* _The task_
Set down every line of the data, unchanged and complete.
┌─ Input data
-- ===== src/Session.antt =====
-- u_session_controller.go, u_session_ticket.go, u_pre_shared_key.go and the session part of u_conn.go.
-- `State` holds the records, `Extension` the two extension types that own a session, `Controller`
-- the methods of sessionController, `Build` the calls that BuildHandshakeState makes to it, and
-- `Psk` Len and Read of the session extensions.
pub mod State
pub mod Extension
pub mod Controller
pub mod Build
pub mod Psk
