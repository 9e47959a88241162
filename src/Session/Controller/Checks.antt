-- ===== src/Session/Controller/Checks.antt =====
-- Comparisons of the enumerations, and the assertions that the methods begin with.
use utls.Base.{
  ℕ, Bool, true, false, not, ◌&&◌, ◌||◌, ◌==◌, List, [], ◌∷◌, Option, none, some, Bytes, Run, check,
  ◌>>◌,
}
use utls.Session.State.{
  ControllerState, no_session, session_ticket_ext_initialized, session_ticket_ext_all_set,
  psk_ext_initialized, psk_ext_all_set, BuildStatus, not_built, build_by_utls, build_by_go_tls,
  Session, UConn, Tracker, never_called, utls_about_to_call, called_by_u_load_session,
  called_by_go_tls,
}

-- The constants behind the constructors.
abbrev code : ControllerState → ℕ
code no_session = 0
code session_ticket_ext_initialized = 1
code session_ticket_ext_all_set = 2
code psk_ext_initialized = 3
code psk_ext_all_set = 4

abbrev pub is_state : ControllerState → ControllerState → Bool
is_state a b = code a == code b

abbrev pub is_not_built : BuildStatus → Bool
is_not_built not_built = true
is_not_built build_by_utls = false
is_not_built build_by_go_tls = false

abbrev pub was_loaded : Tracker → Bool
was_loaded called_by_u_load_session = true
was_loaded called_by_go_tls = true
was_loaded never_called = false
was_loaded utls_about_to_call = false

-- assertHelloNotBuilt
abbrev pub assert_hello_not_built : UConn → Run (Unit {0})
assert_hello_not_built u = check (is_not_built u.build_status)

abbrev any_state : ControllerState → List ControllerState → Bool
any_state s [] = false
any_state s (d ∷ ds) = is_state s d || any_state s ds

-- assertControllerState, with the desired states as one list
abbrev pub assert_controller_state : UConn → List ControllerState → Run (Unit {0})
assert_controller_state u desired = check (any_state u.state desired)

-- assertNotLocked
abbrev pub assert_not_locked : UConn → Run (Unit {0})
assert_not_locked u = check (not u.locked)

-- assertCanSkip
abbrev pub assert_can_skip : UConn → Run (Unit {0})
assert_can_skip u = check u.skip_resumption_on_nil_extension

-- panicOnNil. An argument is `any`: an interface that holds a nil pointer or a nil slice is not nil,
-- so the flags are `true` only for an argument that was an interface before.
abbrev pub panic_on_nil : List Bool → Run (Unit {0})
panic_on_nil [] = check true
panic_on_nil (is_nil ∷ rest) = do check (not is_nil); panic_on_nil rest

-- sliceEq
abbrev pub slice_eq : Bytes → Bytes → Bool
slice_eq [] [] = true
slice_eq (a ∷ as') (b ∷ bs) = a == b && slice_eq as' bs
slice_eq [] (b ∷ bs) = false
slice_eq (a ∷ as') [] = false

-- Equality of *SessionState pointers.
abbrev pub same_session : Option Session → Option Session → Bool
same_session none none = true
same_session (some a) (some b) = a.address == b.address
same_session none (some b) = false
same_session (some a) none = false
└─
* _Solution to this problem_
-- ===== src/Session.antt =====
-- u_session_controller.go, u_session_ticket.go, u_pre_shared_key.go and the session part of u_conn.go.
-- `State` holds the records, `Extension` the two extension types that own a session, `Controller`
-- the methods of sessionController, `Build` the calls that BuildHandshakeState makes to it, and
-- `Psk` Len and Read of the session extensions.
pub mod State
pub mod Extension
pub mod Controller
pub mod Build
pub mod Psk
repository 9e47959a88241162
filename src/Session/Controller/Checks.antt
-- ===== src/Session/Controller/Checks.antt =====
-- Comparisons of the enumerations, and the assertions that the methods begin with.
use utls.Base.{
  ℕ, Bool, true, false, not, ◌&&◌, ◌||◌, ◌==◌, List, [], ◌∷◌, Option, none, some, Bytes, Run, check,
  ◌>>◌,
}
use utls.Session.State.{
  ControllerState, no_session, session_ticket_ext_initialized, session_ticket_ext_all_set,
  psk_ext_initialized, psk_ext_all_set, BuildStatus, not_built, build_by_utls, build_by_go_tls,
  Session, UConn, Tracker, never_called, utls_about_to_call, called_by_u_load_session,
  called_by_go_tls,
}

-- The constants behind the constructors.
abbrev code : ControllerState → ℕ
code no_session = 0
code session_ticket_ext_initialized = 1
code session_ticket_ext_all_set = 2
code psk_ext_initialized = 3
code psk_ext_all_set = 4

abbrev pub is_state : ControllerState → ControllerState → Bool
is_state a b = code a == code b

abbrev pub is_not_built : BuildStatus → Bool
is_not_built not_built = true
is_not_built build_by_utls = false
is_not_built build_by_go_tls = false

abbrev pub was_loaded : Tracker → Bool
was_loaded called_by_u_load_session = true
was_loaded called_by_go_tls = true
was_loaded never_called = false
was_loaded utls_about_to_call = false

-- assertHelloNotBuilt
abbrev pub assert_hello_not_built : UConn → Run (Unit {0})
assert_hello_not_built u = check (is_not_built u.build_status)

abbrev any_state : ControllerState → List ControllerState → Bool
any_state s [] = false
any_state s (d ∷ ds) = is_state s d || any_state s ds

-- assertControllerState, with the desired states as one list
abbrev pub assert_controller_state : UConn → List ControllerState → Run (Unit {0})
assert_controller_state u desired = check (any_state u.state desired)

-- assertNotLocked
abbrev pub assert_not_locked : UConn → Run (Unit {0})
assert_not_locked u = check (not u.locked)

-- assertCanSkip
abbrev pub assert_can_skip : UConn → Run (Unit {0})
assert_can_skip u = check u.skip_resumption_on_nil_extension

-- panicOnNil. An argument is `any`: an interface that holds a nil pointer or a nil slice is not nil,
-- so the flags are `true` only for an argument that was an interface before.
abbrev pub panic_on_nil : List Bool → Run (Unit {0})
panic_on_nil [] = check true
panic_on_nil (is_nil ∷ rest) = do check (not is_nil); panic_on_nil rest

-- sliceEq
abbrev pub slice_eq : Bytes → Bytes → Bool
slice_eq [] [] = true
slice_eq (a ∷ as') (b ∷ bs) = a == b && slice_eq as' bs
slice_eq [] (b ∷ bs) = false
slice_eq (a ∷ as') [] = false

-- Equality of *SessionState pointers.
abbrev pub same_session : Option Session → Option Session → Bool
same_session none none = true
same_session (some a) (some b) = a.address == b.address
same_session none (some b) = false
same_session (some a) none = false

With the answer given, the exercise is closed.